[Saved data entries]
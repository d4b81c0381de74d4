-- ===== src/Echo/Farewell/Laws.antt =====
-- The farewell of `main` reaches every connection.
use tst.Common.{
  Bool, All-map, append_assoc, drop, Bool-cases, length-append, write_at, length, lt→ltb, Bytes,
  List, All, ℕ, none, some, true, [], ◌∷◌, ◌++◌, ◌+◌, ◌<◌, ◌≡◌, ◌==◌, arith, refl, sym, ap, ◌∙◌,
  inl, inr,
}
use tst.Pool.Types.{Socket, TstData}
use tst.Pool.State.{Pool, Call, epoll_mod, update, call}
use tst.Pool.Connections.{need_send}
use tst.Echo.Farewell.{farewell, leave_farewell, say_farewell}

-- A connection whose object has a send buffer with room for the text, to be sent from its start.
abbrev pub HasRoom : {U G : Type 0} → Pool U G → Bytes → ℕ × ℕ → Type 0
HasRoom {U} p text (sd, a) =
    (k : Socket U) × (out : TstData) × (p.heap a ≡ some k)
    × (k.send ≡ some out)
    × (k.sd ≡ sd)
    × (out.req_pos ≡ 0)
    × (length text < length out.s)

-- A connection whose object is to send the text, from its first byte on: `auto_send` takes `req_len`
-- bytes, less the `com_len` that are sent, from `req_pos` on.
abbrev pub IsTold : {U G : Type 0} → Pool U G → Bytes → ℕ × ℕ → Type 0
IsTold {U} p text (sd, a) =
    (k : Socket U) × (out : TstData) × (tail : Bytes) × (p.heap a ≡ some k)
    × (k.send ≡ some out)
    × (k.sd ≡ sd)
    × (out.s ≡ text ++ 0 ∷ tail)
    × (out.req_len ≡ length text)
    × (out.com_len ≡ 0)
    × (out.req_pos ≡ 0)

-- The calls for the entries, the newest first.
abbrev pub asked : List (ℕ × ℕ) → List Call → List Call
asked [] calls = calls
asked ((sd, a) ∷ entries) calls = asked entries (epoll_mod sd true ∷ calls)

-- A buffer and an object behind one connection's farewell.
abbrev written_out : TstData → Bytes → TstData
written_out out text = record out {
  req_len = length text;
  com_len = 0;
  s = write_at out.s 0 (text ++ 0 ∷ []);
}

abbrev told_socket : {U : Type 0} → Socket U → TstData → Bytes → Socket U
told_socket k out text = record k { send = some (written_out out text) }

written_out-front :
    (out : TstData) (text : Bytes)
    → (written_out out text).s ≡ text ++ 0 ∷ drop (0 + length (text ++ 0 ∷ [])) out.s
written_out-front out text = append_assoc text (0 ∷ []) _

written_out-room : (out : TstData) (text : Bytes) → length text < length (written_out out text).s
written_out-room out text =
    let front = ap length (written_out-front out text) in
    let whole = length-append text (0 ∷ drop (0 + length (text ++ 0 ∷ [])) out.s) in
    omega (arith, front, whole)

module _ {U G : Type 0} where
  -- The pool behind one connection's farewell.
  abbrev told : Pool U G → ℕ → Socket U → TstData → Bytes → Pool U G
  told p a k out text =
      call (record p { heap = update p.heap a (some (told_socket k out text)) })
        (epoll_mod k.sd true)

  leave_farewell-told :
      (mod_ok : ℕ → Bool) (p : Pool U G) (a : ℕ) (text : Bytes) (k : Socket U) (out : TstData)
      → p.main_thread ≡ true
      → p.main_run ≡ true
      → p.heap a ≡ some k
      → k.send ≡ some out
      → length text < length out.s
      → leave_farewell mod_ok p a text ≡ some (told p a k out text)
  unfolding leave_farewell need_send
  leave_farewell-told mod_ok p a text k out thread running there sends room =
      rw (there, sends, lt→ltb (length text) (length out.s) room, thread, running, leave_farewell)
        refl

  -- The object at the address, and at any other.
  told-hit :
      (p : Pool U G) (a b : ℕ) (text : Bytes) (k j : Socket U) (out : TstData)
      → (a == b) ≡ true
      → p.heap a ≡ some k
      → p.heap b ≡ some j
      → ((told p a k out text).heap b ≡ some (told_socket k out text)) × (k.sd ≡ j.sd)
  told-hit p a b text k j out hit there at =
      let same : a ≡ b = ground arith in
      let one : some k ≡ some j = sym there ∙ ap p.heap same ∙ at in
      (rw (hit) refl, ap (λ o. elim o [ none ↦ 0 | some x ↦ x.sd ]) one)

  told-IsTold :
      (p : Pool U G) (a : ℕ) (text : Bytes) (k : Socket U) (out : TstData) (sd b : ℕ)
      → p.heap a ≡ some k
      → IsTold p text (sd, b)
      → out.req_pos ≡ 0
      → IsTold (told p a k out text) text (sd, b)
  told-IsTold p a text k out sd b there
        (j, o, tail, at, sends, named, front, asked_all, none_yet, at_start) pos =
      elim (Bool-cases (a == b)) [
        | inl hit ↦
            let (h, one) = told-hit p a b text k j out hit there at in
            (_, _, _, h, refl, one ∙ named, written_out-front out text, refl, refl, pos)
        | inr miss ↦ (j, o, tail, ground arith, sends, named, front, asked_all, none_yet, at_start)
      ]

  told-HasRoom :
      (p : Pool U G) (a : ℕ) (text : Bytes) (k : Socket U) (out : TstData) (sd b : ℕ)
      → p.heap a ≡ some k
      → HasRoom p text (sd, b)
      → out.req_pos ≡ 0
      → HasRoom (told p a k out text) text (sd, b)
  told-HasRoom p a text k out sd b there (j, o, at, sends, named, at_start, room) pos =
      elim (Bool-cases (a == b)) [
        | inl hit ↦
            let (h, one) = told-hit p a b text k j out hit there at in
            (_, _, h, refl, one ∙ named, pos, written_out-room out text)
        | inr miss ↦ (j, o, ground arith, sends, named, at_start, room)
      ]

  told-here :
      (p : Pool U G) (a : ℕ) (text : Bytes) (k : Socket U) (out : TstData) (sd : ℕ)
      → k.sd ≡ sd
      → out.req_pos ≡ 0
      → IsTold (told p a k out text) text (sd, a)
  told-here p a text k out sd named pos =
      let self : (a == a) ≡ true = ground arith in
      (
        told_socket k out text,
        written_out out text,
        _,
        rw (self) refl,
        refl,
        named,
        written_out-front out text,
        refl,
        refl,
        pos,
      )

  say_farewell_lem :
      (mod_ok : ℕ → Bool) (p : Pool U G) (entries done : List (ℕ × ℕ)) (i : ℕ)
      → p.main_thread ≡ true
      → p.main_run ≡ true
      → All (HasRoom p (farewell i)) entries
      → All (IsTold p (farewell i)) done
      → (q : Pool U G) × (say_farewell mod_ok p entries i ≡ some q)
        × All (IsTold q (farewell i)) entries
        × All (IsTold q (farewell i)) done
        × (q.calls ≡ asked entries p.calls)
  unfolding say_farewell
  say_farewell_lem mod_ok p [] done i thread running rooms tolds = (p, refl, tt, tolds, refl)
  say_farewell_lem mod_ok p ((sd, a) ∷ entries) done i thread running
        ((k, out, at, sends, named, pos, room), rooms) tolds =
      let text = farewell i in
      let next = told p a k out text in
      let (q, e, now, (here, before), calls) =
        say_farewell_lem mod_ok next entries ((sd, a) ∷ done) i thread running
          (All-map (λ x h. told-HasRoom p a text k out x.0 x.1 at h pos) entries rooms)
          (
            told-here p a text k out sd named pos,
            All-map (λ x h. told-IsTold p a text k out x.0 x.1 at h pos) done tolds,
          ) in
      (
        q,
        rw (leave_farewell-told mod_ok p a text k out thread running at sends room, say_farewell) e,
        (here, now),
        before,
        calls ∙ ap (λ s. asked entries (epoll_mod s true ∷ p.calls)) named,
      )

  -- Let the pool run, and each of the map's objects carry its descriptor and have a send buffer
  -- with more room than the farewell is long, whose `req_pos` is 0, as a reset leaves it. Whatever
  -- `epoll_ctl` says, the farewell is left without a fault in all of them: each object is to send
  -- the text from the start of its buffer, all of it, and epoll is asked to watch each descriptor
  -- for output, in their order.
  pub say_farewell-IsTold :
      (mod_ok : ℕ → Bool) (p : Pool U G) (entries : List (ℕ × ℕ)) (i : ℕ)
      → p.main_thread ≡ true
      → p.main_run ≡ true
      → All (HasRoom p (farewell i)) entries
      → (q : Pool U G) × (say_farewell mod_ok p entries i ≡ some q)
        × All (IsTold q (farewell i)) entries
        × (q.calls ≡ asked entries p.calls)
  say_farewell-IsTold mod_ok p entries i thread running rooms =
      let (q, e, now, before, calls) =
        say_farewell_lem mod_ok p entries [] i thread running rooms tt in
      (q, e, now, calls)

* * *

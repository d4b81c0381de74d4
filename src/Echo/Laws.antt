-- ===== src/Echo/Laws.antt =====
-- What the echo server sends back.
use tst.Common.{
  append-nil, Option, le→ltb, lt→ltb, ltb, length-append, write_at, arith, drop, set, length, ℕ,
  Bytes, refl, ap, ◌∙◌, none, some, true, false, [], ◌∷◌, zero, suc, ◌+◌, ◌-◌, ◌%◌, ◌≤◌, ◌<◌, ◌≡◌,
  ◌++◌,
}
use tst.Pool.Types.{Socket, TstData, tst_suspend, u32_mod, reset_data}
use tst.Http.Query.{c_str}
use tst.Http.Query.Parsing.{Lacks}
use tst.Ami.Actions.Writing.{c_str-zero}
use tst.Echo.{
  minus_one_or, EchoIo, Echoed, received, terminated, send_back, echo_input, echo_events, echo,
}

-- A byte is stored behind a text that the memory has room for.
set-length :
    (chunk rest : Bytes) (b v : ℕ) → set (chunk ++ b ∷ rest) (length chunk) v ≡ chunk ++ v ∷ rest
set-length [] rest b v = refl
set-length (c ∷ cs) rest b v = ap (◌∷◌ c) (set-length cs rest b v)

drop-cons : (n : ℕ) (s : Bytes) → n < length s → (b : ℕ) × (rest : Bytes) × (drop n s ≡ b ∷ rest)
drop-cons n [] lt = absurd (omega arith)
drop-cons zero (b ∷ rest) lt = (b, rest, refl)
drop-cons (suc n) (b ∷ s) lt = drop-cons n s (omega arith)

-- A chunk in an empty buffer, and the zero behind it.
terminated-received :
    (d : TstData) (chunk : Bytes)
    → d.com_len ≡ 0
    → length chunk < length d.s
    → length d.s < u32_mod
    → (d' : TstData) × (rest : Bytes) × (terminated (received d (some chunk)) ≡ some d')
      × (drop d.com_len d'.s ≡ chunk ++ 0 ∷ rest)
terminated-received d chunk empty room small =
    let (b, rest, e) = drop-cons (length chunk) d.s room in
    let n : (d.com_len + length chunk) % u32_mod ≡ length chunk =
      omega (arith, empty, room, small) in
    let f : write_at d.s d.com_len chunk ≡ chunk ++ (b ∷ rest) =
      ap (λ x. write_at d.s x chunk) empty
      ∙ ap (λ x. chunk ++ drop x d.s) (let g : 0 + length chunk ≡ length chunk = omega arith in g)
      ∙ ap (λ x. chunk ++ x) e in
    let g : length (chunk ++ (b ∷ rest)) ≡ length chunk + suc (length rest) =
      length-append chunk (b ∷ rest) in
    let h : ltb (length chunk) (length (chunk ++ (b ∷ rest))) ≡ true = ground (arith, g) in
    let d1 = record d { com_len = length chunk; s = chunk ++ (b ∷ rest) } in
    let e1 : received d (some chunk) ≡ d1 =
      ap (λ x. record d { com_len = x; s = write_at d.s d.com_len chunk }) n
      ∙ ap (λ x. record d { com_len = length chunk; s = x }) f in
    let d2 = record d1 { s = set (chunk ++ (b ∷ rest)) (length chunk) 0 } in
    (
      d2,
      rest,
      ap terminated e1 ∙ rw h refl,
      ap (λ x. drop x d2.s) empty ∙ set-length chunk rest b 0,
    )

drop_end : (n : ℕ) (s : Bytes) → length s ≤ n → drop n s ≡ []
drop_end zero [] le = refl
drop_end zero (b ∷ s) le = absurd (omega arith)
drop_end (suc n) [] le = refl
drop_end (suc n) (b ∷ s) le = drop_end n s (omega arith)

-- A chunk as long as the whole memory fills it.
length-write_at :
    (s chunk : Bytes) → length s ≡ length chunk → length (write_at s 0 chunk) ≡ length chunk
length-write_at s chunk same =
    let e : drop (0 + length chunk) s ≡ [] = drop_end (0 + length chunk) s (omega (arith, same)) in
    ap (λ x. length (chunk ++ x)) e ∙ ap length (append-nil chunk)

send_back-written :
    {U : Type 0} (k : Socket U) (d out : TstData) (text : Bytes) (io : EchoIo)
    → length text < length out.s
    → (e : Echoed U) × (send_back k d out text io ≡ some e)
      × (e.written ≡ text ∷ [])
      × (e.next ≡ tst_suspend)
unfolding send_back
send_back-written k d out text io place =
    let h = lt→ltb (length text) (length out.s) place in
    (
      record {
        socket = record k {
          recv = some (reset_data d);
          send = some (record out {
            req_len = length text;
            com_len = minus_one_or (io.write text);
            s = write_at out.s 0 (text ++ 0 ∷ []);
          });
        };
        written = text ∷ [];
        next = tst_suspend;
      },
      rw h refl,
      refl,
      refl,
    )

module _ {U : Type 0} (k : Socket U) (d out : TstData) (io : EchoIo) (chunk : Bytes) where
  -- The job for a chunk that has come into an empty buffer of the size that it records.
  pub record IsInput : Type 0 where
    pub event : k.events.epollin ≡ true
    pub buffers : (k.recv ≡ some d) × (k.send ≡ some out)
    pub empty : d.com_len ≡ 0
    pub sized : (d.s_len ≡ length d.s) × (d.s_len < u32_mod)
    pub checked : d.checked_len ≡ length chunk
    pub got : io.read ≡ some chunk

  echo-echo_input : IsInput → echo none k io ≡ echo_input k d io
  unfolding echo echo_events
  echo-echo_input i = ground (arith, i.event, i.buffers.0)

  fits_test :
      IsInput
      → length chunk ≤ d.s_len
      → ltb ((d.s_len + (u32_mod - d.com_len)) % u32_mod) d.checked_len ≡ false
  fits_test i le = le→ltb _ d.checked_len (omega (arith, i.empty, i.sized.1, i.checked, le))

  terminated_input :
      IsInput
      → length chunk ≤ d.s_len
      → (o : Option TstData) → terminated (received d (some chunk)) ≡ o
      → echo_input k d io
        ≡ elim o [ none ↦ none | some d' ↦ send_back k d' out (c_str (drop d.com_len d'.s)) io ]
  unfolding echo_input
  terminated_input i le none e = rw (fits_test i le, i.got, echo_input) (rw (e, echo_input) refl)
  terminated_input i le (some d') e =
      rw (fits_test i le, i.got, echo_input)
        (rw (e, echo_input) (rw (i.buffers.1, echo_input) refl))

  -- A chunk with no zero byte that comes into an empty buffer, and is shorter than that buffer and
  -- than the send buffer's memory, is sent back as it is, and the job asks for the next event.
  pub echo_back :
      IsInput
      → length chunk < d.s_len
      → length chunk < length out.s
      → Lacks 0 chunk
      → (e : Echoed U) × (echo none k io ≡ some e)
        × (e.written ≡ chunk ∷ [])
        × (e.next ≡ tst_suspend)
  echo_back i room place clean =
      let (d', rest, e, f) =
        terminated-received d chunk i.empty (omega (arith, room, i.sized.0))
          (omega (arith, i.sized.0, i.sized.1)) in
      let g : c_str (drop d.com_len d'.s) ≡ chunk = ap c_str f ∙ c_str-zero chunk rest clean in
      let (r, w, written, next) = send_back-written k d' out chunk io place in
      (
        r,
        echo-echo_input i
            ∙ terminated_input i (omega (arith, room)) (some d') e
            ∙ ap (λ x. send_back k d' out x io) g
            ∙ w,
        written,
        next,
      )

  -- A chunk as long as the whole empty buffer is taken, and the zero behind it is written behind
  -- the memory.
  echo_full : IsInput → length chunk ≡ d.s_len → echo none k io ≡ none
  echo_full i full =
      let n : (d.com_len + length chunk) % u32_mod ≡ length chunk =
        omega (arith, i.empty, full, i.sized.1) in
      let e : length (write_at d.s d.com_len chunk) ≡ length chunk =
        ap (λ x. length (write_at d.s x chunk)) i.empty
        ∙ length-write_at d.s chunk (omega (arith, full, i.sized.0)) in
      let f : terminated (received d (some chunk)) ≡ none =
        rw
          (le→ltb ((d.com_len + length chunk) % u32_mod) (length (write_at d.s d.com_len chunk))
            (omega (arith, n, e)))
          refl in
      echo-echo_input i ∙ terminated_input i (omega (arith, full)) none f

* TASK PROMPT: Check every line of the data and give the number of them that hold the string "place", with no other words.

* YOUR SOLUTION: 4